▸ Stored data entries
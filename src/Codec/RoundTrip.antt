-- ===== src/Codec/RoundTrip.antt =====
-- What `encode_hidden_with` of crates/ggml/src/hidden.rs writes, `decode_hidden` reads.
use intelnav.Base.{
  ℕ, zero, suc, ◌+◌, ◌*◌, ◌%◌, ◌^◌, ◌<◌, ◌≡◌, refl, ap, ◌∙◌, ◌⊎◌, inl, inr, Option, none, some,
  List, [], ◌∷◌, ◌++◌, map, arith, lt→ltb, ==_iff, length, take, drop, length-append, length-take,
  length-drop, take-append, drop-append, length-map, ok, err,
}
use mathlib.Core.Path.{subst}
use intelnav.Base.Bytes.{to_le, length-to_le, of_le-to_le}
use native.Mathlib.Nat.{suc-mul}
use intelnav.Types.{u64_mod}
use intelnav.Wire.{Dtype, fp16, bf16, int8, Shape}
use intelnav.Codec.{
  Floats, shape_n_elems, f16_bytes, f32_bytes, scale_of, row_scales, row_values, encode_int8_rows,
  encode_hidden_with, expected_bytes, f16_values, f32_values, rows_decoded, decode_hidden,
  bf16_unsupported,
}

module _ (f : Floats) where
  open f use {F, of_f16, to_f16, mul, div, one_f, of_i8, to_i8, of_bits, to_bits}

  f16_values-cons :
      (n : ℕ) (rest : List ℕ)
      → n < 2 ^ 16
      → f16_values f (to_le 2 n ++ rest) ≡ of_f16 n ∷ f16_values f rest
  unfolding f16_values to_le
  f16_values-cons n rest small = ap (λ k. of_f16 k ∷ f16_values f rest) (of_le-to_le 2 n small)

  f32_values-cons :
      (n : ℕ) (rest : List ℕ)
      → n < 2 ^ 32
      → f32_values f (to_le 4 n ++ rest) ≡ of_bits n ∷ f32_values f rest
  unfolding f32_values to_le
  f32_values-cons n rest small = ap (λ k. of_bits k ∷ f32_values f rest) (of_le-to_le 4 n small)

  f16_values-bytes : (xs : List F) → f16_values f (f16_bytes f xs) ≡ map (λ x. of_f16 (to_f16 x)) xs
  unfolding f16_values
  f16_values-bytes [] = refl
  f16_values-bytes (x ∷ xs) =
      f16_values-cons (to_f16 x) (f16_bytes f xs) (f.f16_bits x)
      ∙ ap (λ t. of_f16 (to_f16 x) ∷ t) (f16_values-bytes xs)

  f32_values-bytes : (xs : List F) → f32_values f (f32_bytes f xs) ≡ xs
  unfolding f32_values
  f32_values-bytes [] = refl
  f32_values-bytes (x ∷ xs) =
      f32_values-cons (to_bits x) (f32_bytes f xs) (f.f32_bits x)
      ∙ ap (λ t. of_bits (to_bits x) ∷ t) (f32_values-bytes xs)
      ∙ ap (λ y. y ∷ xs) (f.of_bits-to_bits x)

  length-f16_bytes : (xs : List F) → length (f16_bytes f xs) ≡ length xs * 2
  length-f16_bytes [] = omega arith
  length-f16_bytes (x ∷ xs) = omega (
    arith,
    length-append (to_le 2 (to_f16 x)) (f16_bytes f xs),
    length-to_le 2 (to_f16 x),
    length-f16_bytes xs,
  )

  length-f32_bytes : (xs : List F) → length (f32_bytes f xs) ≡ length xs * 4
  length-f32_bytes [] = omega arith
  length-f32_bytes (x ∷ xs) = omega (
    arith,
    length-append (to_le 4 (to_bits x)) (f32_bytes f xs),
    length-to_le 4 (to_bits x),
    length-f32_bytes xs,
  )

  -- The values that a row of `h` comes back as: quantised by the row's scale and scaled back.
  unfoldable pub rows_through : ℕ → ℕ → List F → List F
  rows_through zero h flat = []
  rows_through (suc rows) h flat =
      let s = scale_of f (take h flat) in
      map (λ x. mul (of_i8 (to_i8 (mul x (div one_f s)))) s) (take h flat)
      ++ rows_through rows h (drop h flat)

  length-row_scales : (rows h : ℕ) (flat : List F) → length (row_scales f rows h flat) ≡ rows
  unfolding row_scales
  length-row_scales zero h flat = refl
  length-row_scales (suc rows) h flat = ap suc (length-row_scales rows h (drop h flat))

  map-through :
      (s : F) (xs : List F)
      → map (λ q. mul (of_i8 q) s) (map (λ x. to_i8 (mul x (div one_f s))) xs)
        ≡ map (λ x. mul (of_i8 (to_i8 (mul x (div one_f s)))) s) xs
  map-through s [] = refl
  map-through s (x ∷ xs) =
      ap (λ t. mul (of_i8 (to_i8 (mul x (div one_f s)))) s ∷ t) (map-through s xs)

  rows-step :
      (s : F) (h : ℕ) (bytes : List ℕ) (scales : List F) (q more : List ℕ)
      → take h bytes ≡ q
      → drop h bytes ≡ more
      → rows_decoded f (s ∷ scales) h bytes
        ≡ map (λ k. mul (of_i8 k) s) q ++ rows_decoded f scales h more
  unfolding rows_decoded
  rows-step s h bytes scales q more e1 e2 = rw (e1, e2) refl

  rows_decoded-values :
      (rows h : ℕ) (flat : List F)
      → length flat ≡ rows * h
      → (rows_decoded f (row_scales f rows h flat) h (row_values f rows h flat)
          ≡ rows_through rows h flat)
        × (length (row_values f rows h flat) ≡ rows * h)
  unfolding row_scales row_values rows_decoded rows_through
  rows_decoded-values zero h flat size = (refl, omega arith)
  rows_decoded-values (suc rows) h flat size =
      let s = scale_of f (take h flat) in
      let q = map (λ x. to_i8 (mul x (div one_f s))) (take h flat) in
      let more = row_values f rows h (drop h flat) in
      let total : length flat ≡ h + rows * h = omega (arith, suc-mul rows h) in
      let row : length q ≡ h = length-map _ (take h flat) ∙ omega (arith, length-take h flat) in
      let (rest, len) =
        rows_decoded-values rows h (drop h flat) (omega (arith, length-drop h flat)) in
      let front : take h (q ++ more) ≡ q =
        subst (λ k. take k (q ++ more) ≡ q) row (take-append q more) in
      let back : drop h (q ++ more) ≡ more =
        subst (λ k. drop k (q ++ more) ≡ more) row (drop-append q more) in
      (
        rows-step s h (q ++ more) (row_scales f rows h (drop h flat)) q more front back
            ∙ ap (λ t. t ++ rows_decoded f (row_scales f rows h (drop h flat)) h more)
                (map-through s (take h flat))
            ∙ ap (λ t. map (λ x. mul (of_i8 (to_i8 (mul x (div one_f s)))) s) (take h flat) ++ t)
                rest,
        omega (arith, length-append q more, suc-mul rows h),
      )

  n_elems-fits :
      (b s h : ℕ) → b * s < u64_mod → b * s * h < u64_mod → shape_n_elems (b, s, h) ≡ ok (b * s * h)
  unfolding shape_n_elems
  n_elems-fits b s h fits1 fits2 = rw (lt→ltb _ _ fits1) (rw (lt→ltb _ _ fits2) refl)

  encode-at :
      (b s h : ℕ) (flat : List F) (dtype : Dtype)
      → shape_n_elems (b, s, h) ≡ ok (b * s * h)
      → length flat ≡ b * s * h
      → encode_hidden_with f flat (b, s, h) dtype ≡ elim dtype [
        | fp16 ↦ ok (f16_bytes f flat)
        | int8 ↦ ok (encode_int8_rows f flat (b * s) h)
        | bf16 ↦ err bf16_unsupported
      ]
  unfolding encode_hidden_with
  encode-at b s h flat dtype shape size = rw shape (rw ((==_iff _ _).1 size) refl)

  decode-at :
      (b s h : ℕ) (bytes : List ℕ) (dtype : Dtype)
      → shape_n_elems (b, s, h) ≡ ok (b * s * h)
      → length bytes ≡ expected_bytes f dtype (b * s) (b * s * h)
      → decode_hidden f dtype (b, s, h) bytes ≡ elim dtype [
        | fp16 ↦ ok ((b, s, h), f16_values f bytes)
        | int8 ↦ ok (
          (b, s, h),
          rows_decoded f
              (f32_values f (take (b * s * 4 % u64_mod) bytes))
              h
              (drop (b * s * 4 % u64_mod) bytes),
        )
        | bf16 ↦ err bf16_unsupported
      ]
  unfolding decode_hidden
  decode-at b s h bytes dtype shape size = rw shape (rw ((==_iff _ _).1 size) refl)

  -- The scales of a payload stand before its values.
  split-scales :
      (rows h n : ℕ) (flat : List F)
      → length flat ≡ rows * h
      → n ≡ rows * 4
      → (rows_decoded f
            (f32_values f (take n (encode_int8_rows f flat rows h)))
            h
            (drop n (encode_int8_rows f flat rows h))
          ≡ rows_through rows h flat)
        × (length (encode_int8_rows f flat rows h) ≡ rows * 4 + rows * h)
  unfolding encode_int8_rows
  split-scales rows h n flat size at =
      let scales = f32_bytes f (row_scales f rows h flat) in
      let values = row_values f rows h flat in
      let (back, count) = rows_decoded-values rows h flat size in
      let wide : length scales ≡ n =
        omega (arith, length-f32_bytes (row_scales f rows h flat), length-row_scales rows h flat) in
      let front : take n (scales ++ values) ≡ scales =
        subst (λ k. take k (scales ++ values) ≡ scales) wide (take-append scales values) in
      let rest : drop n (scales ++ values) ≡ values =
        subst (λ k. drop k (scales ++ values) ≡ values) wide (drop-append scales values) in
      (
        rw front (rw rest (rw (f32_values-bytes (row_scales f rows h flat)) back)),
        omega (arith, length-append scales values),
      )

  -- What activations of a shape come back as in a type of the wire.
  abbrev pub through : Shape → Dtype → List F → Option (List F)
  through shape fp16 flat = some (map (λ x. of_f16 (to_f16 x)) flat)
  through (b, s, h) int8 flat = some (rows_through (b * s) h flat)
  through shape bf16 flat = none

  abbrev pub Returns : Dtype → Shape → List F → Type 0
  Returns dtype shape flat =
      ((bytes : List ℕ) × (vals : List F) × (encode_hidden_with f flat shape dtype ≡ ok bytes)
        × (decode_hidden f dtype shape bytes ≡ ok (shape, vals))
        × (through shape dtype flat ≡ some vals))
      ⊎ ((encode_hidden_with f flat shape dtype ≡ err bf16_unsupported)
          × (through shape dtype flat ≡ none))

  -- Activations as many as their shape says, of fewer than 2^64 bytes, are encoded in half floats
  -- and in bytes; the payload has the size that decoding wants and comes back as the same shape with
  -- each value rounded to a half float, or quantised by its row's scale and scaled back. The third
  -- type is refused.
  pub decode_hidden-encode :
      (b s h : ℕ) (flat : List F) (dtype : Dtype)
      → length flat ≡ b * s * h
      → b * s * h * 2 < u64_mod
      → b * s * 4 + b * s * h < u64_mod
      → Returns dtype (b, s, h) flat
  decode_hidden-encode b s h flat fp16 size fits1 fits2 =
      let shape = n_elems-fits b s h (omega arith) (omega arith) in
      let bytes = f16_bytes f flat in
      inl (
        bytes,
        map (λ x. of_f16 (to_f16 x)) flat,
        encode-at b s h flat fp16 shape size,
        decode-at b s h bytes fp16 shape (omega (arith, length-f16_bytes flat))
            ∙ ap (λ v. ok ((b, s, h), v)) (f16_values-bytes flat),
        refl,
      )
  decode_hidden-encode b s h flat int8 size fits1 fits2 =
      let shape = n_elems-fits b s h (omega arith) (omega arith) in
      let bytes = encode_int8_rows f flat (b * s) h in
      let (back, count) = split-scales (b * s) h (b * s * 4 % u64_mod) flat size (omega arith) in
      inl (
        bytes,
        rows_through (b * s) h flat,
        encode-at b s h flat int8 shape size,
        decode-at b s h bytes int8 shape (omega arith) ∙ ap (λ v. ok ((b, s, h), v)) back,
        refl,
      )
  decode_hidden-encode b s h flat bf16 size fits1 fits2 =
      let shape = n_elems-fits b s h (omega arith) (omega arith) in
      inr (encode-at b s h flat bf16 shape size, refl)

▸ What is needed
Gather each line from the entries above that includes the word "quantised".

▸ Your solution
  -- The values that a row of `h` comes back as: quantised by the row's scale and scaled back.
  -- each value rounded to a half float, or quantised by its row's scale and scaled back. The third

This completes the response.